I read somewhere that having a HTPC act as a NAS server is not recommended and there seems to be no such software to properly merge both together.

Then I thought about having a separate HTPC and a NAS but this way seems to be low on value and tight on budget.

There is also another option where one can get a HTPC and a NAS harddrive like the WD World Book edition.

I am decidedly mixed on what I should build. I am new on this scene and seek your advice on the best setup for my needs. And I am a windows user with average computer skills.

Regards,
nhc


----------



## EvilGenius007

Combining the two would certainly allow you to cut costs, but you'll need to consider some other factors.

How much storage do you need, and how important is redundancy? If you need a large quantity of storage, and/or redundancy is very important you will be cramming several hard drives into your NAS(/HTPC) which will mean you need a large-ish enclosure with adequate cooling.

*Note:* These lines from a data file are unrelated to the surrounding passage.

-- ===== src/Cognito/Cache.antt =====
-- Where a token comes from, what is asked of the service for it, and what is left in the cache.
use Prim.Native.Nat.{suc, ◌+◌, ◌-◌, ◌*◌, ◌<◌, ◌≤◌}
use pmt.Prelude.{
  ℕ, String, ◌≡◌, refl, ap, ◌∙◌, true, false, Option, none, some, arith, Bool-cases, inl, inr,
  Ensures, raises, gives, Ensures->>=, Ensures-self,
}
use pmt.Cognito.{
  CognitoToken, Credentials, AuthRequest, user_password, refresh, AuthenticationResult,
  AuthResponse, answered, client_error, unreached, Failure, Result, ok, raised, CognitoAuth, second,
  refresh_buffer, default_to, given, sent, clock_read, token_of, is_valid_at, authenticated,
  on_auth, authenticate, refreshed, on_refresh, refresh_token, chosen, store, token_at, checked,
  get_token,
}

-- The token of a result, which has both of its texts.
pub record IsRead (result : AuthenticationResult) (now : ℕ) (token : CognitoToken) : Type 0 where
  pub access : given result.access_token ≡ some token.access_token
  pub id : given result.id_token ≡ some token.id_token
  pub expires : token.expires_at ≡ now + default_to 3600 result.expires_in * second

token_of-IsRead :
    (result : AuthenticationResult) (refresh_token : Option String) (now : ℕ)
    → Ensures (IsRead result now) (token_of result refresh_token now)
unfolding token_of
token_of-IsRead result refresh_token now =
    Ensures->>= (Ensures-self (given result.access_token)) λ access_token access.
      Ensures->>= (Ensures-self (given result.id_token))
        λ id_token id. gives (record { access = access; id = id; expires = refl })

no_token : (now : ℕ) → is_valid_at none now ≡ false
unfolding is_valid_at
no_token now = refl

valid_at :
    (token : CognitoToken) (now : ℕ)
    → is_valid_at (some token) now ≡ true
    → now < token.expires_at - refresh_buffer
unfolding is_valid_at
valid_at token now h = ground arith

module _ (initiate_auth : AuthRequest → ℕ → AuthResponse) (clock : ℕ → ℕ) (me : Credentials) where
  -- The token is that of a response, the n-th.
  pub record IsFrom (n : ℕ) (token : CognitoToken) : Type 0 where
    pub request : AuthRequest
    pub result : AuthenticationResult
    pub reading : ℕ
    pub is_answer : initiate_auth request n ≡ answered result
    pub is_read : IsRead result (clock reading) token

  -- A token is fetched from a state, with at most `more` requests before the last one; the cache is
  -- not touched.
  data Fetches (s : CognitoAuth) (more : ℕ) : Result CognitoToken × CognitoAuth → Type 0 where
    got :
        {token : CognitoToken} {t : CognitoAuth} (n : ℕ)
        → IsFrom n token
        → t.requests ≡ suc n
        → s.requests ≤ n
        → n ≤ s.requests + more
        → t.token ≡ s.token
        → Fetches s more (ok token, t)
    lost :
        {e : Failure} {t : CognitoAuth}
        → s.requests < t.requests
        → t.requests ≤ suc (s.requests + more)
        → t.token ≡ s.token
        → Fetches s more (raised e, t)

  authenticated-Fetches :
      (s : CognitoAuth) (request : AuthRequest) (result : AuthenticationResult)
      {o : Option CognitoToken}
      → initiate_auth request s.requests ≡ answered result
      → Ensures (IsRead result (clock s.readings)) o
      → Fetches s 0 (authenticated o (sent s))
  unfolding authenticated
  authenticated-Fetches s request result h raises = lost (omega arith) (omega arith) refl
  authenticated-Fetches s request result h (gives is_read) =
      got s.requests
        (record {
          request = request;
          result = result;
          reading = s.readings;
          is_answer = h;
          is_read = is_read;
        })
        refl (omega arith) (omega arith) refl

  on_auth-Fetches :
      (s : CognitoAuth) (response : AuthResponse)
      → initiate_auth (user_password me) s.requests ≡ response
      → Fetches s 0 (on_auth initiate_auth clock me response (sent s))
  unfolding on_auth
  on_auth-Fetches s (answered result) h =
      authenticated-Fetches s (user_password me) result h
        (token_of-IsRead result result.refresh_token (clock s.readings))
  on_auth-Fetches s (client_error code msg text) h = lost (omega arith) (omega arith) refl
  on_auth-Fetches s unreached h = lost (omega arith) (omega arith) refl

  authenticate-Fetches : (s : CognitoAuth) → Fetches s 0 (authenticate initiate_auth clock me s)
  unfolding authenticate
  authenticate-Fetches s = on_auth-Fetches s (initiate_auth (user_password me) s.requests) refl

  -- One request more, before.
  later-Fetches :
      {s : CognitoAuth} {r : Result CognitoToken × CognitoAuth}
      → Fetches (sent s) 0 r
      → Fetches s 1 r
  later-Fetches (got n from last low high cache) = got n from last (omega arith) (omega arith) cache
  later-Fetches (lost low high cache) = lost (omega arith) (omega arith) cache

  more-Fetches :
      {s : CognitoAuth} {r : Result CognitoToken × CognitoAuth} → Fetches s 0 r → Fetches s 1 r
  more-Fetches (got n from last low high cache) = got n from last (omega arith) (omega arith) cache
  more-Fetches (lost low high cache) = lost (omega arith) (omega arith) cache

  refreshed-Fetches :
      (s : CognitoAuth) (request : AuthRequest) (result : AuthenticationResult)
      {o : Option CognitoToken}
      → initiate_auth request s.requests ≡ answered result
      → Ensures (IsRead result (clock s.readings)) o
      → Fetches s 1 (refreshed initiate_auth clock me o (sent s))
  unfolding refreshed
  refreshed-Fetches s request result h raises = later-Fetches (authenticate-Fetches (sent s))
  refreshed-Fetches s request result h (gives is_read) =
      got s.requests
        (record {
          request = request;
          result = result;
          reading = s.readings;
          is_answer = h;
          is_read = is_read;
        })
        refl (omega arith) (omega arith) refl

  on_refresh-Fetches :
      (s : CognitoAuth) (token : String) (response : AuthResponse)
      → initiate_auth (refresh me token) s.requests ≡ response
      → Fetches s 1 (on_refresh initiate_auth clock me token response (sent s))
  unfolding on_refresh
  on_refresh-Fetches s token (answered result) h =
      refreshed-Fetches s (refresh me token) result h
        (token_of-IsRead result (some token) (clock s.readings))
  on_refresh-Fetches s token (client_error code msg text) h =
      later-Fetches (authenticate-Fetches (sent s))
  on_refresh-Fetches s token unreached h = lost (omega arith) (omega arith) refl

  refresh_token-Fetches :
      (s : CognitoAuth) (token : Option String)
      → Fetches s 1 (refresh_token initiate_auth clock me token s)
  unfolding refresh_token
  refresh_token-Fetches s none = more-Fetches (authenticate-Fetches s)
  refresh_token-Fetches s (some token) =
      on_refresh-Fetches s token (initiate_auth (refresh me token) s.requests) refl

  stale_at :
      (s : CognitoAuth) {o : Option CognitoToken}
      → s.token ≡ o
      → is_valid_at o (clock s.readings) ≡ false
      → is_valid_at s.token (clock s.readings) ≡ false
  stale_at s h e = ap (λ o. is_valid_at o (clock s.readings)) h ∙ e

  -- How a call for a token of some kind ends.
  pub data IsAcquired (token_type : String) (s : CognitoAuth)
      : Result String × CognitoAuth → Type 0 where
    cached :
        {token : CognitoToken} {t : CognitoAuth}
        → s.token ≡ some token
        → clock s.readings < token.expires_at - refresh_buffer
        → t.token ≡ s.token
        → t.requests ≡ s.requests
        → IsAcquired token_type s (ok (chosen token_type token), t)
    renewed :
        {token : CognitoToken} {t : CognitoAuth} (n : ℕ)
        → is_valid_at s.token (clock s.readings) ≡ false
        → IsFrom n token
        → t.requests ≡ suc n
        → s.requests ≤ n
        → n ≤ s.requests + 1
        → t.token ≡ some token
        → IsAcquired token_type s (ok (chosen token_type token), t)
    refused :
        {e : Failure} {t : CognitoAuth}
        → is_valid_at s.token (clock s.readings) ≡ false
        → s.requests < t.requests
        → t.requests ≤ s.requests + 2
        → t.token ≡ s.token
        → IsAcquired token_type s (raised e, t)

  store-IsAcquired :
      (token_type : String) (s t : CognitoAuth) {r : Result CognitoToken × CognitoAuth}
      → is_valid_at s.token (clock s.readings) ≡ false
      → t.requests ≡ s.requests
      → t.token ≡ s.token
      → Fetches t 1 r
      → IsAcquired token_type s (store token_type r)
  unfolding store
  store-IsAcquired token_type s t stale same cache (got n from last low high kept) =
      renewed n stale from last (omega arith) (omega arith) refl
  store-IsAcquired token_type s t stale same cache (lost low high kept) =
      refused stale (omega arith) (omega arith) (kept ∙ cache)

  token_at-IsAcquired :
      (token_type : String) (s : CognitoAuth) (token : Option CognitoToken)
      → s.token ≡ token
      → IsAcquired token_type s
          (token_at initiate_auth clock me token_type token (clock s.readings) (checked token s))
  unfolding token_at
  token_at-IsAcquired token_type s none h =
      store-IsAcquired token_type s s (stale_at s h (no_token (clock s.readings))) refl refl
        (more-Fetches (authenticate-Fetches s))
  token_at-IsAcquired token_type s (some token) h =
      elim (Bool-cases (is_valid_at (some token) (clock s.readings))) [
        | inl e ↦ rw e (cached h (valid_at token (clock s.readings) e) refl refl)
        | inr e ↦ rw e (
            store-IsAcquired token_type s (clock_read s) (stale_at s h e) refl refl
              (refresh_token-Fetches (clock_read s) (given token.refresh_token)))
      ]

  -- A call for a token gives the token of the cache, without a request, if it expires in more than five
  -- minutes. Otherwise it sends one or two requests, and either puts the token of the
  -- last response, with both of its texts, in the cache and gives it, or it fails and leaves the cache as it was.
  pub get_token-IsAcquired :
      (token_type : String) (s : CognitoAuth)
      → IsAcquired token_type s (get_token initiate_auth clock me token_type s)
  unfolding get_token
  get_token-IsAcquired token_type s = token_at-IsAcquired token_type s s.token refl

How important is it that your HTPC is inaudible in your living room? The hard drives best suited for NAS use tend to run a bit faster than drives recommended for HTPCs, which means they produce more noise directly, and in the additional heat they produce more noise indirectly by requiring additional cooling.

I would guess, since you're considering something like the WD World Book, that you don't need a ton of storage space. If you can get by on 1.5 or 2TB of total space, you're probably going to be fine merging your HTPC and your NAS. There's an absolutely brilliant post by Malveaux that you should look at. It talks about some of the software he uses to ensure duplicate copies of all of his software is kept in a Win 7 environment. Using Win 7 means that all of your HTPC software can also be installed.

Some HTPC cases also have great storage potential, like Silverstone's LC20B-M. Depending on how much computing power you think you need, Newegg has a combo deal you should definitely consider.


----------



## vgplayer

What about running Tonido on a HTPC?


----------



## EvilGenius007

Suggested build:

$95 Mobo: Gigabyte AM3 785G GA-MA785GT-UD3H
$99 CPU: Athlon II X4 620 AM3
$92 RAM: G.Skill 2x2GB DDR3-1333
$110 HDDs (2): Western Digital Caviar Green 1.5TB
$130 SSD: OCZ Vertex 30GB (budget permitting)
$70 Blu-Ray: Lite-on Sata Blu-Ray player (budget permitting)
$190 Case: Silverstone LC20B-M w/ remote
$100 PSU: Seasonic 750W 80 Plus Silver Certified ATX
= $996 before shipping & MIRs

Suggesting the mobo as it offers a large number of PCI-E slots, unlike the Asus. Quad core, while maybe a bit overkill for just HTPC use, should be a reasonable trade-off for combined HTPC/NAS use. Again, for combined use what might be a bit more than needed for just HTPC use, 4GB of RAM should be good for both.

Two large hard drives for storage, offering some of the best GB/$ while providing low power-consumption, low noise & low heat generation. Why not also add an SSD for speedy OS response and no noise or heat generation. If you don't need a Blu-ray drive, and do need/want DVDÂ±R capabilities, you can save about $40 here; if you want both, you'll be out another $30 or so... just depends on what you need.

Case & PSU are largely personal preference, but you should keep in mind expandability (number of hard drive slots) and adequate cooling, while minimizing noise (as many large--80mm or better--fan openings as possible). I also strongly recommend the best 80 PLUS certified PSU you can fit in the budget, as it will reduce your operating costs. Seasonic is a pretty trusted brand name, and a "Silver" certification means a high degree of efficiency.


----------



## MalVeauX

Quote:


Originally Posted by *nhc* 
Hi,

I have been dragging on building/buying a HTPC for a few months now as I am split with so much choices. Then recently I have been reading about FreeNAS and UnRAID and I am even more confused to what I should build now. I am seeking for advice.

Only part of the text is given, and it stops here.